_Exercise description_
In the entries that follow, the lines from the one with "nominal-AreFunctions path (method" through the one with "let path = TypePath.id id ∷ [] in" are the ones to write out, exactly and with both ends included. Nothing else should appear.

━━ Data in this exercise

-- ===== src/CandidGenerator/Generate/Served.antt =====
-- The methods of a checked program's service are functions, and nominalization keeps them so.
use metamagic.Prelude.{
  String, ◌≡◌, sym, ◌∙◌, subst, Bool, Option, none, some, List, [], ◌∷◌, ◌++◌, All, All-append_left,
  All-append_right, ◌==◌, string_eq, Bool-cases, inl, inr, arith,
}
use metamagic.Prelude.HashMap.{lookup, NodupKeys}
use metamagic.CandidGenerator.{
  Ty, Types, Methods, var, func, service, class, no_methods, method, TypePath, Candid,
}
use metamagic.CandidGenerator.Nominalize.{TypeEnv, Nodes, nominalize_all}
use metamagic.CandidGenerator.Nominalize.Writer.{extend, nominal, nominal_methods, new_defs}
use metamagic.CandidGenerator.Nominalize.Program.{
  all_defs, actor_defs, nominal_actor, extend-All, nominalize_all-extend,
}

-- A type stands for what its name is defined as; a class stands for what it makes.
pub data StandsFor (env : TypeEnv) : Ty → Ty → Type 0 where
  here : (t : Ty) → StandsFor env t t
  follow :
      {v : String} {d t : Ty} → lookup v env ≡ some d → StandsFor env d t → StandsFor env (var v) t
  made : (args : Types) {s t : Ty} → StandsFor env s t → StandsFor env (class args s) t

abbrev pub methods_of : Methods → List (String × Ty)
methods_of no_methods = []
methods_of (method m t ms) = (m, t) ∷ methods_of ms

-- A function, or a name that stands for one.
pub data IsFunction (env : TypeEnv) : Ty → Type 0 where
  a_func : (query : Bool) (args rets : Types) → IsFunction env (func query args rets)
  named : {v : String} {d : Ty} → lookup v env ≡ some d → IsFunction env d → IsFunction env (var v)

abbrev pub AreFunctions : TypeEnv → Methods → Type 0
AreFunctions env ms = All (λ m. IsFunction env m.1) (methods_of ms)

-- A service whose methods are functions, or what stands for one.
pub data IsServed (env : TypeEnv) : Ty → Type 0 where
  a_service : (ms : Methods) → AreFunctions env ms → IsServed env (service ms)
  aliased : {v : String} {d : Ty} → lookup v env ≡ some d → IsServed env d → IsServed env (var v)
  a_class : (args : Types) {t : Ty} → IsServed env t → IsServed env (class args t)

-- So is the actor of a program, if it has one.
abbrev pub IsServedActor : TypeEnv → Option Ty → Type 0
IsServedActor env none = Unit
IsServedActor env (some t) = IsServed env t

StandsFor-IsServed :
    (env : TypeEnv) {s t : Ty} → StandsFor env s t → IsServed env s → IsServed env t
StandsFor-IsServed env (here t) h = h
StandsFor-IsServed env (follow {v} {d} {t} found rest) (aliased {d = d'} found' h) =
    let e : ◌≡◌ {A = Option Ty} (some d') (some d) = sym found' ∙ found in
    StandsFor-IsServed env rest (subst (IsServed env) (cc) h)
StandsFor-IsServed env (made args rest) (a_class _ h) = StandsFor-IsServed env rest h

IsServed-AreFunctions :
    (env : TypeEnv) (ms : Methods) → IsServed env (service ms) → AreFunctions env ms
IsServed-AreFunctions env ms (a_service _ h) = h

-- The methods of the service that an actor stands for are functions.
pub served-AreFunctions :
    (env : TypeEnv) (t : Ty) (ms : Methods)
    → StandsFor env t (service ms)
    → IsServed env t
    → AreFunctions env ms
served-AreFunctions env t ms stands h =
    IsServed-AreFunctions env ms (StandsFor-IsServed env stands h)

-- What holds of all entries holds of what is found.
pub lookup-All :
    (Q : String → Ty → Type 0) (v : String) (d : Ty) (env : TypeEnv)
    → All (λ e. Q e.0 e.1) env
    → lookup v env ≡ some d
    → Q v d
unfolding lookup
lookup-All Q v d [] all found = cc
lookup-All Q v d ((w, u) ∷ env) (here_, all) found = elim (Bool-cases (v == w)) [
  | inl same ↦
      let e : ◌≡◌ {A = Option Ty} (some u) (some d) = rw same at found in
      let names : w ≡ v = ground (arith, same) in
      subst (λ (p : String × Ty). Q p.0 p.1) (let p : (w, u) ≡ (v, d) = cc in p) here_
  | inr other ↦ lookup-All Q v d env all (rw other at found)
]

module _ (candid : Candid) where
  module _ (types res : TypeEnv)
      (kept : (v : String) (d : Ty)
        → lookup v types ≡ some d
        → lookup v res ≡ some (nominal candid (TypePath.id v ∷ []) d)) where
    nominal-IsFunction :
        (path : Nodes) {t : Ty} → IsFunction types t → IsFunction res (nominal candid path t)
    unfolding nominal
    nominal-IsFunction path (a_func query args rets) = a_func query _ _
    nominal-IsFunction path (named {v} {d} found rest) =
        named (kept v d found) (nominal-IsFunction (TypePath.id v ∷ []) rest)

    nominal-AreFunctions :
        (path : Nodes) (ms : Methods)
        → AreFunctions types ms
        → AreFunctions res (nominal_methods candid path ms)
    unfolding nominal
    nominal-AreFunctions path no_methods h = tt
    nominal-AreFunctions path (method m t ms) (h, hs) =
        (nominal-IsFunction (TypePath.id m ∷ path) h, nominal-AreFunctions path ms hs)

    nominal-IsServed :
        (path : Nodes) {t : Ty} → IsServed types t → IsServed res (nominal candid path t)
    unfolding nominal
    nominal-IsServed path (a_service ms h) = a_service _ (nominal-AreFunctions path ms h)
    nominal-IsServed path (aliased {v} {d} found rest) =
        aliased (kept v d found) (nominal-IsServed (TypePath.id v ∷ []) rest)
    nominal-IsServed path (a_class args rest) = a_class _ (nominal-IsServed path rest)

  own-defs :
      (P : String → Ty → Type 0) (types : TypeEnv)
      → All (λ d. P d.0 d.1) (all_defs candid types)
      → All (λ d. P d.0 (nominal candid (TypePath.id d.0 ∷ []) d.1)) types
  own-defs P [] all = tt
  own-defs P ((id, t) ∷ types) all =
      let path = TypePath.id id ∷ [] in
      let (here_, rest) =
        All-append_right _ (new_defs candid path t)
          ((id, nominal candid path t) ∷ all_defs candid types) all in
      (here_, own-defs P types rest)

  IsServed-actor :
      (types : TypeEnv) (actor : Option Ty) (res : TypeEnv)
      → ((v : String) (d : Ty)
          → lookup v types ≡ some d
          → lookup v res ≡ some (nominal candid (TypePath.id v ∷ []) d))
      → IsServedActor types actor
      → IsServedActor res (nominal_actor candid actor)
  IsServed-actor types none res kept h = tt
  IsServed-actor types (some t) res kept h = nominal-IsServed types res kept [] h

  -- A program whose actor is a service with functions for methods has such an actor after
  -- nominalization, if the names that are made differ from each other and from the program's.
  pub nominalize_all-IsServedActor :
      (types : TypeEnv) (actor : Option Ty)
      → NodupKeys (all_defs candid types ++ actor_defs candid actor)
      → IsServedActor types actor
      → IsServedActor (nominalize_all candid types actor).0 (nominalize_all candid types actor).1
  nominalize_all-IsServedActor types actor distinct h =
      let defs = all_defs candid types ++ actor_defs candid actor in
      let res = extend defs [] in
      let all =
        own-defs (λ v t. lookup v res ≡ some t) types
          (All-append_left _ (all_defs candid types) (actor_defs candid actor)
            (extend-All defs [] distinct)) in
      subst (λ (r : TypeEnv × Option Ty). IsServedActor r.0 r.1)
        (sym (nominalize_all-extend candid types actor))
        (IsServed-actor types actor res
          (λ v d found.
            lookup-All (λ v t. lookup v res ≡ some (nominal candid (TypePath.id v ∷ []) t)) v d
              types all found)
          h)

━━━━
━━ Data in this exercise

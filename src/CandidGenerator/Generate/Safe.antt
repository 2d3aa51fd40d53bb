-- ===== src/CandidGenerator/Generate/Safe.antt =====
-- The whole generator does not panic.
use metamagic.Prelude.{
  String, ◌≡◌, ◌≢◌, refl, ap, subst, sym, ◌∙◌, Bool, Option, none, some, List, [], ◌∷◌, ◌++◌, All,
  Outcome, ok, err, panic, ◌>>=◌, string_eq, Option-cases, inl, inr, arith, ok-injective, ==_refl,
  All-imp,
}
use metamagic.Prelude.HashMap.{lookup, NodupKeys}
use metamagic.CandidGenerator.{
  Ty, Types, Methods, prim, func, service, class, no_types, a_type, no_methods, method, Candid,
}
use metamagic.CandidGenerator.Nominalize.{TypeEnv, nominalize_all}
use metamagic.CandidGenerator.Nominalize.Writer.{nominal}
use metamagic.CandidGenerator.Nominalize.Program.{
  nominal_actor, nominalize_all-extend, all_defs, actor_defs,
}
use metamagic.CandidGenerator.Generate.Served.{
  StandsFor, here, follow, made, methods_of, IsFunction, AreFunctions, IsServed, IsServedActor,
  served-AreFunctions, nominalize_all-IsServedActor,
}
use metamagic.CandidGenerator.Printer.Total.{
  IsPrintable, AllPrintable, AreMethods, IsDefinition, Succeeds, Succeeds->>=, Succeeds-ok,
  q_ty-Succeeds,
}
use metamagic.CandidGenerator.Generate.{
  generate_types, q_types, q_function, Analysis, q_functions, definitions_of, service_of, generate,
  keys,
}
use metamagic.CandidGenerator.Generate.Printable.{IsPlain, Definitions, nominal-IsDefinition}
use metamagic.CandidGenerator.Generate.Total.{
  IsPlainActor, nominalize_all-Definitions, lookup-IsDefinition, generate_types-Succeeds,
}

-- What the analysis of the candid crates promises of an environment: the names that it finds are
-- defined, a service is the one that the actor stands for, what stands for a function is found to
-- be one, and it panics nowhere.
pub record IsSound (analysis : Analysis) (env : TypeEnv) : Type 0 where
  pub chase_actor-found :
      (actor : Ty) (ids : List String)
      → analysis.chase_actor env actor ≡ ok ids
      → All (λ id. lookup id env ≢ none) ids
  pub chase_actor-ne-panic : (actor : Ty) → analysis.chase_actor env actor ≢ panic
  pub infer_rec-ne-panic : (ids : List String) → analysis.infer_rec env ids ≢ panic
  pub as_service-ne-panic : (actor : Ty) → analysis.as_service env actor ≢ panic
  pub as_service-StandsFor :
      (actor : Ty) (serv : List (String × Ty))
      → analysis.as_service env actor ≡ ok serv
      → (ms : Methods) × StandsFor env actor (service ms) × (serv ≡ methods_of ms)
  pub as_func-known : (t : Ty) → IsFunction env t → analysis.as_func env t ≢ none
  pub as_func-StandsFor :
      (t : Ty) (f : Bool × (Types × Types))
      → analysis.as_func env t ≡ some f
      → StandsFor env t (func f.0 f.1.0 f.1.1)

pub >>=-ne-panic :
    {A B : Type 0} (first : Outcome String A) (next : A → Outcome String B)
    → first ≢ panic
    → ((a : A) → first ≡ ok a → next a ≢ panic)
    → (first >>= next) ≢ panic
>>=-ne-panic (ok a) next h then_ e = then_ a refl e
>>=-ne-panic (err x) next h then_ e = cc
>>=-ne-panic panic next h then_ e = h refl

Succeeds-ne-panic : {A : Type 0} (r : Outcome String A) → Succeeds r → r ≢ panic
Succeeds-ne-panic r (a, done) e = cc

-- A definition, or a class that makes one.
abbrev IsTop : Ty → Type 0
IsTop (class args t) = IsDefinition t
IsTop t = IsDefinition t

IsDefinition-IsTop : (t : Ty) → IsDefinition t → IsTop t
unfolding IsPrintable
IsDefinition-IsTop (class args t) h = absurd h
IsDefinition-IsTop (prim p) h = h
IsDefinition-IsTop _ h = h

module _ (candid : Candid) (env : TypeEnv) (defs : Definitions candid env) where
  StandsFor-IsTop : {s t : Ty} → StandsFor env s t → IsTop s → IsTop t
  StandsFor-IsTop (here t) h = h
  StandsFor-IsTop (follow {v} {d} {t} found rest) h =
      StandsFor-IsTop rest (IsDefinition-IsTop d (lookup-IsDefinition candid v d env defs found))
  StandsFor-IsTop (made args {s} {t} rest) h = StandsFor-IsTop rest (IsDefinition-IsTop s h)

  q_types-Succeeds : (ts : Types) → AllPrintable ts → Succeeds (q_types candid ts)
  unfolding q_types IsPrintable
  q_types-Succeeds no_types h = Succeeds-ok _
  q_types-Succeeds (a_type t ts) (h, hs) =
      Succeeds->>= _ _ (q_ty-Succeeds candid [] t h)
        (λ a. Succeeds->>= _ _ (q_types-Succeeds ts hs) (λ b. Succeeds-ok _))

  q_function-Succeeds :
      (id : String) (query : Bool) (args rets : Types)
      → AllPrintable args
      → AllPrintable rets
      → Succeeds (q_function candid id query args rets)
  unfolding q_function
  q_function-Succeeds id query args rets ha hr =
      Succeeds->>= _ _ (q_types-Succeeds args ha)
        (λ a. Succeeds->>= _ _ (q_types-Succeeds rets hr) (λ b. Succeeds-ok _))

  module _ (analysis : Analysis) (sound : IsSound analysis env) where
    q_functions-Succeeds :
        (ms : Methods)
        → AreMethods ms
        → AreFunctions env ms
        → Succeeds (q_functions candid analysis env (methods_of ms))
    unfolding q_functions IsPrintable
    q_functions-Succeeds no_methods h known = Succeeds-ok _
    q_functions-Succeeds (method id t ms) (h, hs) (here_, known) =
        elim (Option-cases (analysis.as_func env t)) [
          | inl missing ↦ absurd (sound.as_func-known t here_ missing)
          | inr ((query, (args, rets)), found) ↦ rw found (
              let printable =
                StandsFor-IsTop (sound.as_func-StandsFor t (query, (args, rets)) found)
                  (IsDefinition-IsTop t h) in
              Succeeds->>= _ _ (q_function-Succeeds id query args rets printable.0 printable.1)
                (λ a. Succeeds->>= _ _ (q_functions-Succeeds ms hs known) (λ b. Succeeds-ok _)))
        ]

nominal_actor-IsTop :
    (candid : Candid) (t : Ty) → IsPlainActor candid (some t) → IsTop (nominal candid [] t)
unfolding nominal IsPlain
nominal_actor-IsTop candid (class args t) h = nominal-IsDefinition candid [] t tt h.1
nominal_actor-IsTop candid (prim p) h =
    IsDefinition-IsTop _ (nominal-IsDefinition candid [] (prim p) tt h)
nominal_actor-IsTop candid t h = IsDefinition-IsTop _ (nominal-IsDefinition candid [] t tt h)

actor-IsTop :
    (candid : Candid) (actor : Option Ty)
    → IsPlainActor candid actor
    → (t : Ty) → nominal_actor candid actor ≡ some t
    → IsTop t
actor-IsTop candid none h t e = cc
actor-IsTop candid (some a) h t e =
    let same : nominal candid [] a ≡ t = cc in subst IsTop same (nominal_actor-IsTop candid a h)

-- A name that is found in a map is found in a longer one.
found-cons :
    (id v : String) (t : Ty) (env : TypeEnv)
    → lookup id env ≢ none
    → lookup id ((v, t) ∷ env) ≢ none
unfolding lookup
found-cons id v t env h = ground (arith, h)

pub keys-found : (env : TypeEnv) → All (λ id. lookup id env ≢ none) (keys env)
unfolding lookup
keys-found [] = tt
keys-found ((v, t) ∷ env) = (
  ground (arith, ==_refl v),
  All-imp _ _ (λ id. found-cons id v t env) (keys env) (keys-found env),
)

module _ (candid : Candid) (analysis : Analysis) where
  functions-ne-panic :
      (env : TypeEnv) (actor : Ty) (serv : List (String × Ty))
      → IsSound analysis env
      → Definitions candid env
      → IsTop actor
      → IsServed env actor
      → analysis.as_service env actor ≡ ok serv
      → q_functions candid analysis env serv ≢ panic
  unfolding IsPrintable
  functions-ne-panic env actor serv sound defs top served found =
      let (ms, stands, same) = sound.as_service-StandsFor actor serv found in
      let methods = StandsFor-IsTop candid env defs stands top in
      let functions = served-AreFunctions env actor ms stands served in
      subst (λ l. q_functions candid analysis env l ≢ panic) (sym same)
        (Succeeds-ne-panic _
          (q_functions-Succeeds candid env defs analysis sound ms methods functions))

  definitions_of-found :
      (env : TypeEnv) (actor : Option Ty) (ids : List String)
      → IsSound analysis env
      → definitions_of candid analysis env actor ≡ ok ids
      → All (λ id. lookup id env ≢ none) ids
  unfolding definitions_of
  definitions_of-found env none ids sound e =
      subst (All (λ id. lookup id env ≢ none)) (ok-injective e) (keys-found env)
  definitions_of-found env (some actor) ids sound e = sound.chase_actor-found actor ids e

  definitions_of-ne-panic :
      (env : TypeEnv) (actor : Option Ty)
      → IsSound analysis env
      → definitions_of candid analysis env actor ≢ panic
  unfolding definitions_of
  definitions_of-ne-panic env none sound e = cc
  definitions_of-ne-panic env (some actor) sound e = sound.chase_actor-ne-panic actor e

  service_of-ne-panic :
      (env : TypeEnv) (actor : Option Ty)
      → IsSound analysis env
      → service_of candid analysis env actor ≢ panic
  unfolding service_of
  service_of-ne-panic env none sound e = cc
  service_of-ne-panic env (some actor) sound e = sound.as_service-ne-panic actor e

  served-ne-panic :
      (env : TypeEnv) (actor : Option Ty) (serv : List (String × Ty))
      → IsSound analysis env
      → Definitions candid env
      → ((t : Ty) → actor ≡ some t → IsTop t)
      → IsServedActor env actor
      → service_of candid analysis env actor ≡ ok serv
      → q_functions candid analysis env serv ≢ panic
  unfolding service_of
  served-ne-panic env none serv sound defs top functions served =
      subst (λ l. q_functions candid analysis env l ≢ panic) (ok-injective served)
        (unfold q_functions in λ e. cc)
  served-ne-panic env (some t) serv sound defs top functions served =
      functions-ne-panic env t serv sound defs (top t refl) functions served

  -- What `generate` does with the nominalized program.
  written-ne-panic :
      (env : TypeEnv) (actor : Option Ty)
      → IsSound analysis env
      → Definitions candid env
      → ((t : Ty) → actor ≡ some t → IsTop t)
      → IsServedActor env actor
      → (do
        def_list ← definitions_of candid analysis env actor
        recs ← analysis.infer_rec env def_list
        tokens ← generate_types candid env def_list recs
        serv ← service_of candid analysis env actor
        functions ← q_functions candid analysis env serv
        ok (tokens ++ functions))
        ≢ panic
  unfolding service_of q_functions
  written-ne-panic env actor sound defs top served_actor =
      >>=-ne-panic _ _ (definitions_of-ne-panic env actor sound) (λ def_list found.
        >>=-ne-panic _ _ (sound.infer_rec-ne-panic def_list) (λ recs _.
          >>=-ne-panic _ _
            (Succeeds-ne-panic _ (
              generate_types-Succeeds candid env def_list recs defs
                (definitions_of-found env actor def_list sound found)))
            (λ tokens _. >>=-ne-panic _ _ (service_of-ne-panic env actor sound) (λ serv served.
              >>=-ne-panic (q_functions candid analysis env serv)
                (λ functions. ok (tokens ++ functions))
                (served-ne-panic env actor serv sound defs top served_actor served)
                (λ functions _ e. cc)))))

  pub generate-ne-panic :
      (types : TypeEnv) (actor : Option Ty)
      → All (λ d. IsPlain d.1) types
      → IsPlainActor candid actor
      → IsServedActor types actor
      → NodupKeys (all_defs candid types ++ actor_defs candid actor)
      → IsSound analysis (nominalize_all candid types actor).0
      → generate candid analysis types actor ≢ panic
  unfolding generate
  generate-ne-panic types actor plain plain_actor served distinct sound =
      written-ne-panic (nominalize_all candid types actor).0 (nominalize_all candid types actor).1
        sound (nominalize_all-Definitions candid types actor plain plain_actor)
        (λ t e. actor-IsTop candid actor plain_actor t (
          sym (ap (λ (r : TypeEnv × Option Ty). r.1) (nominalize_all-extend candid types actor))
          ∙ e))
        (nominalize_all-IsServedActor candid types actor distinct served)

━━━━

_Answer to this exercise_
    nominal-AreFunctions path (method m t ms) (h, hs) =
        (nominal-IsFunction (TypePath.id m ∷ path) h, nominal-AreFunctions path ms hs)

    nominal-IsServed :
        (path : Nodes) {t : Ty} → IsServed types t → IsServed res (nominal candid path t)
    unfolding nominal
    nominal-IsServed path (a_service ms h) = a_service _ (nominal-AreFunctions path ms h)
    nominal-IsServed path (aliased {v} {d} found rest) =
        aliased (kept v d found) (nominal-IsServed (TypePath.id v ∷ []) rest)
    nominal-IsServed path (a_class args rest) = a_class _ (nominal-IsServed path rest)

  own-defs :
      (P : String → Ty → Type 0) (types : TypeEnv)
      → All (λ d. P d.0 d.1) (all_defs candid types)
      → All (λ d. P d.0 (nominal candid (TypePath.id d.0 ∷ []) d.1)) types
  own-defs P [] all = tt
  own-defs P ((id, t) ∷ types) all =
      let path = TypePath.id id ∷ [] in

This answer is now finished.